WHAT THE TASK REQUIRES - Of the lines listed below, return exactly those that run from the line containing "dropped = 0;" through the line containing "if is_full q.maxsize events", both included.
Segment Start: EXERCISE INPUT
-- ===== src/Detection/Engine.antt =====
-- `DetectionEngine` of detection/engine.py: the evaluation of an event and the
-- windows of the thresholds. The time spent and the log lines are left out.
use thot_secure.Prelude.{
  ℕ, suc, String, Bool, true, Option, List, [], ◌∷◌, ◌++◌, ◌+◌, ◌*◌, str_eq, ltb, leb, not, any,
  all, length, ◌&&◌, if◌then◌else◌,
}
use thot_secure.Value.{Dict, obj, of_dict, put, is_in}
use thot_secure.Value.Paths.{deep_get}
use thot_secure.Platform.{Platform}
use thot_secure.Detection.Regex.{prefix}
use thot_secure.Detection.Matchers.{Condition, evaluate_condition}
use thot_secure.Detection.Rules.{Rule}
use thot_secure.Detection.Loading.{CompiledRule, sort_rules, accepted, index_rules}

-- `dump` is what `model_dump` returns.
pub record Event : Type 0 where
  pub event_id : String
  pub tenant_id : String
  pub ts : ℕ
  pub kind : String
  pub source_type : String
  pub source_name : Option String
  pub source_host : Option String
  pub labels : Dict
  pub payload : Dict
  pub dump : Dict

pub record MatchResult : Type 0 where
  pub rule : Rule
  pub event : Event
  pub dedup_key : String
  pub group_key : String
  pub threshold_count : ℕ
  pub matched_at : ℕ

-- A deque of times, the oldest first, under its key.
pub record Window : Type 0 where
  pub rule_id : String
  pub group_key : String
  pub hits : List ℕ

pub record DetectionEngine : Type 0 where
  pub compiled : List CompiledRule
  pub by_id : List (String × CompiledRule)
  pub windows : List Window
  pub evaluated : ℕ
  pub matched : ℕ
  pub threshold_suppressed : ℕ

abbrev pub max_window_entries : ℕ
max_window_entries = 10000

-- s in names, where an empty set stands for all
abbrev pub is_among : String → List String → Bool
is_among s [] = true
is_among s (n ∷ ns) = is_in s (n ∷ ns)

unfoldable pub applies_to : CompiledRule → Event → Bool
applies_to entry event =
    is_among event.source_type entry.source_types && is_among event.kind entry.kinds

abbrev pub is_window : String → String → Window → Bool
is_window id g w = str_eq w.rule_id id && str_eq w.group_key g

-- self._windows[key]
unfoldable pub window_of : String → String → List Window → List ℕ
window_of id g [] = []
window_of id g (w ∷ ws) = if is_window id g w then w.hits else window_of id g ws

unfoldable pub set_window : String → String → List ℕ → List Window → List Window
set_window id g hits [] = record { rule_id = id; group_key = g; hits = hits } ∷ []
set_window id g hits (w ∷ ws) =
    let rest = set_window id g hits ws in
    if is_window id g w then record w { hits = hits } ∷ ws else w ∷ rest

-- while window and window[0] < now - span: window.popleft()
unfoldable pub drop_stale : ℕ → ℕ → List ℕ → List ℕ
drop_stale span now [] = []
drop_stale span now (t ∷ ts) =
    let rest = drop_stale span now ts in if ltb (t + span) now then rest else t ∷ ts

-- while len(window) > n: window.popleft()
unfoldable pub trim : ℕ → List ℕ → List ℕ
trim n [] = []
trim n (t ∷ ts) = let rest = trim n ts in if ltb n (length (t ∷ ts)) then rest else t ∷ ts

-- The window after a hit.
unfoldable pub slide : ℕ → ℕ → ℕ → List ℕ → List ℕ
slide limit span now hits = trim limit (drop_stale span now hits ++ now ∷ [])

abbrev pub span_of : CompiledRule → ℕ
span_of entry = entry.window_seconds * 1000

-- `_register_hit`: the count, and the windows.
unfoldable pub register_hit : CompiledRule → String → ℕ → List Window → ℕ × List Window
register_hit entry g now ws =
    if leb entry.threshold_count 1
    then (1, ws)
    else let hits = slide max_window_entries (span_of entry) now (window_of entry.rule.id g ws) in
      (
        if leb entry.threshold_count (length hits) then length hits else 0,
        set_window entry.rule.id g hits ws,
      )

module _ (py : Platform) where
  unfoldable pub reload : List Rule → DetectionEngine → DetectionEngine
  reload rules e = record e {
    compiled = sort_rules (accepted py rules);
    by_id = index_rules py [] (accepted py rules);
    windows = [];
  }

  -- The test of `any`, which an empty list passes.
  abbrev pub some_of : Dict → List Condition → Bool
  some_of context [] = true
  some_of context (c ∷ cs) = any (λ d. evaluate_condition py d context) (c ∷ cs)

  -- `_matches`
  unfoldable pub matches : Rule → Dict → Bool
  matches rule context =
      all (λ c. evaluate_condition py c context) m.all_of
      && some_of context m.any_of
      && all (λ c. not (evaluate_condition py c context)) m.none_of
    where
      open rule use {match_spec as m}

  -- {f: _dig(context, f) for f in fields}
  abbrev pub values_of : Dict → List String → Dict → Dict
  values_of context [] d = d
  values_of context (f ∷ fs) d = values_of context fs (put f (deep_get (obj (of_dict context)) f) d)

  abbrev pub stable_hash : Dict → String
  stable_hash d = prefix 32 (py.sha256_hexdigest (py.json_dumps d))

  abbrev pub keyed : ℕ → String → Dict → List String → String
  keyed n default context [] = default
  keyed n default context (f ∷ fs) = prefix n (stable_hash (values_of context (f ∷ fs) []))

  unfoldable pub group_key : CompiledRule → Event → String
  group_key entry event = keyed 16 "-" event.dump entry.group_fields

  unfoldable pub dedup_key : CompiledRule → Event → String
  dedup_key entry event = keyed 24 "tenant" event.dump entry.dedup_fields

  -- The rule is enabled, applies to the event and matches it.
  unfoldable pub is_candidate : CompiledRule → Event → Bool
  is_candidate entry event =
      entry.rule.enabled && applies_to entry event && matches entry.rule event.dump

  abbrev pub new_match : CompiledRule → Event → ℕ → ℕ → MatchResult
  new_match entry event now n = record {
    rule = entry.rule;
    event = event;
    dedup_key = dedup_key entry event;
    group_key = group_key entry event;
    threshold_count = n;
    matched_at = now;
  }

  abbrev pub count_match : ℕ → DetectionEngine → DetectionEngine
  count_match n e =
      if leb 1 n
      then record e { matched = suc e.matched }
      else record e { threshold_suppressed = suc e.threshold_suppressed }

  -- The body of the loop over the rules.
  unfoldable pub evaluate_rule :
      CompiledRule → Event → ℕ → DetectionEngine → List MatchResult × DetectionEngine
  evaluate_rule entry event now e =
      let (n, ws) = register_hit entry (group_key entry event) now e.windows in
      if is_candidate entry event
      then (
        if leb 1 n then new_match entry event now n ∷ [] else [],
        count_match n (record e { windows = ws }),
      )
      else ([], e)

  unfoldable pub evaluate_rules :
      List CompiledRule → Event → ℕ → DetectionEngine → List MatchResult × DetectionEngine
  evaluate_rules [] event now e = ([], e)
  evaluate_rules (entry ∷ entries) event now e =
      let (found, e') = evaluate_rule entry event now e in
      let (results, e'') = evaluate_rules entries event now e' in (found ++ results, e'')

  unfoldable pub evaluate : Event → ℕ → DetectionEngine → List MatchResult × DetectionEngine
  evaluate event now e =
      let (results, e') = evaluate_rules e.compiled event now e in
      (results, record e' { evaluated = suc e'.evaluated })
Segment End: EXERCISE INPUT
Segment Start: EXERCISE INPUT
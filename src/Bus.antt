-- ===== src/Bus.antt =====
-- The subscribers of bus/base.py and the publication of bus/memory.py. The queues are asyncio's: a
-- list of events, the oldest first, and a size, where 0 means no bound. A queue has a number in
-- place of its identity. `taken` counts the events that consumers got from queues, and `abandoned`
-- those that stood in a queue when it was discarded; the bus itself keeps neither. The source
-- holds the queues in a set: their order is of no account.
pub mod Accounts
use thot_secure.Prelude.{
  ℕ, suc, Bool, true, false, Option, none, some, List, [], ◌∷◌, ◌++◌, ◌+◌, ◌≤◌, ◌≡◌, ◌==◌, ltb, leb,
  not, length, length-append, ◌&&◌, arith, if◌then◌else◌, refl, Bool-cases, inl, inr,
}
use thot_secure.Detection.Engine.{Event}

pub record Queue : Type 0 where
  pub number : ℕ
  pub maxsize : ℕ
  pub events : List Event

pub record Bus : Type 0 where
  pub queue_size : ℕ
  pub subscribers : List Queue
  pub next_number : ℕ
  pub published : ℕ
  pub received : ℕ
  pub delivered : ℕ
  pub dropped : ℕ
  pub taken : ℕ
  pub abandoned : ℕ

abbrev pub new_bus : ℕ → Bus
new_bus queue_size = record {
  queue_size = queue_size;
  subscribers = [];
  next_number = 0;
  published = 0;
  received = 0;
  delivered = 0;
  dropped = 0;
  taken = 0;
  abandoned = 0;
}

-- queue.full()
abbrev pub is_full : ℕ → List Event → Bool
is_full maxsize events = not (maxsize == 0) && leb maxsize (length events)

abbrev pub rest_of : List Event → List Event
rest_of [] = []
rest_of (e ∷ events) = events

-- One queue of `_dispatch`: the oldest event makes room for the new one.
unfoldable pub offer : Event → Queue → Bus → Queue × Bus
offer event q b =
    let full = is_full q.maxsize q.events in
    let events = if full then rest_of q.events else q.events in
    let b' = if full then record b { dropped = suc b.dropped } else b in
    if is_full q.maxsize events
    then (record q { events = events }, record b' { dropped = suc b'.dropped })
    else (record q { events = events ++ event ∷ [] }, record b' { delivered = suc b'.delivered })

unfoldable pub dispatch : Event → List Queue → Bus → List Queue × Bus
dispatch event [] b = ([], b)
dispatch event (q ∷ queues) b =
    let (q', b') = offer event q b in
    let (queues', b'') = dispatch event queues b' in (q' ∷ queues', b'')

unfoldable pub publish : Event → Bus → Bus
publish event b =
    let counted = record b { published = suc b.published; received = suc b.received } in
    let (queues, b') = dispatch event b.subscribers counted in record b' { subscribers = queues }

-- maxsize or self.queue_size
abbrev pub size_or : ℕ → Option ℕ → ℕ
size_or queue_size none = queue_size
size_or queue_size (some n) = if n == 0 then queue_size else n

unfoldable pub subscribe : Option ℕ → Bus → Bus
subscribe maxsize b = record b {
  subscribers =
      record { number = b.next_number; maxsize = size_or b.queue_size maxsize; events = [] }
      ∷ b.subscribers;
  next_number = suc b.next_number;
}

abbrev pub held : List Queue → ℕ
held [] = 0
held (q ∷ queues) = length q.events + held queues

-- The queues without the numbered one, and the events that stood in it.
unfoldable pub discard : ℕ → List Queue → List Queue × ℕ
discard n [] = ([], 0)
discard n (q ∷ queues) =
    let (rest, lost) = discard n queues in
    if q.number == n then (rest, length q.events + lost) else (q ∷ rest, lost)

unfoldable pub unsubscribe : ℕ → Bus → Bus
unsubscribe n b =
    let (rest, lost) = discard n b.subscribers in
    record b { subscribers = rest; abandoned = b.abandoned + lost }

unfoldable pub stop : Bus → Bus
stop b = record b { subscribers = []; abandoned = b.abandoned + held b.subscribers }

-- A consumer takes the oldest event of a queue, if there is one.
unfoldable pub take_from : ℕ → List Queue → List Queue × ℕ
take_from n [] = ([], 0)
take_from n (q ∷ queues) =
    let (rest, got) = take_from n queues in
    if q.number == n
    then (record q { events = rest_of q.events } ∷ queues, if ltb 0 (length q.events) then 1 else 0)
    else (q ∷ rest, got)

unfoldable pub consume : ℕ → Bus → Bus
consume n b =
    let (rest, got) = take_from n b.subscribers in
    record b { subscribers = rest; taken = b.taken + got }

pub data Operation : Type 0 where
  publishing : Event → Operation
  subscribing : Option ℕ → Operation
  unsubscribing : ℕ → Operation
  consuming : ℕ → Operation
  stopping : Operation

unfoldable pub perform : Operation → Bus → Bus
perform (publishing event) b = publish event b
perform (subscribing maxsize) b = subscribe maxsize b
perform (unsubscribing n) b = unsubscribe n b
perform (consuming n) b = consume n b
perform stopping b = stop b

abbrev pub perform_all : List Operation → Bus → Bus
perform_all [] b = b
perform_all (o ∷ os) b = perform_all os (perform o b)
Segment End: EXERCISE INPUT
EXERCISE ANSWER -
  dropped = 0;
  taken = 0;
  abandoned = 0;
}

-- queue.full()
abbrev pub is_full : ℕ → List Event → Bool
is_full maxsize events = not (maxsize == 0) && leb maxsize (length events)

abbrev pub rest_of : List Event → List Event
rest_of [] = []
rest_of (e ∷ events) = events

-- One queue of `_dispatch`: the oldest event makes room for the new one.
unfoldable pub offer : Event → Queue → Bus → Queue × Bus
offer event q b =
    let full = is_full q.maxsize q.events in
    let events = if full then rest_of q.events else q.events in
    let b' = if full then record b { dropped = suc b.dropped } else b in
    if is_full q.maxsize events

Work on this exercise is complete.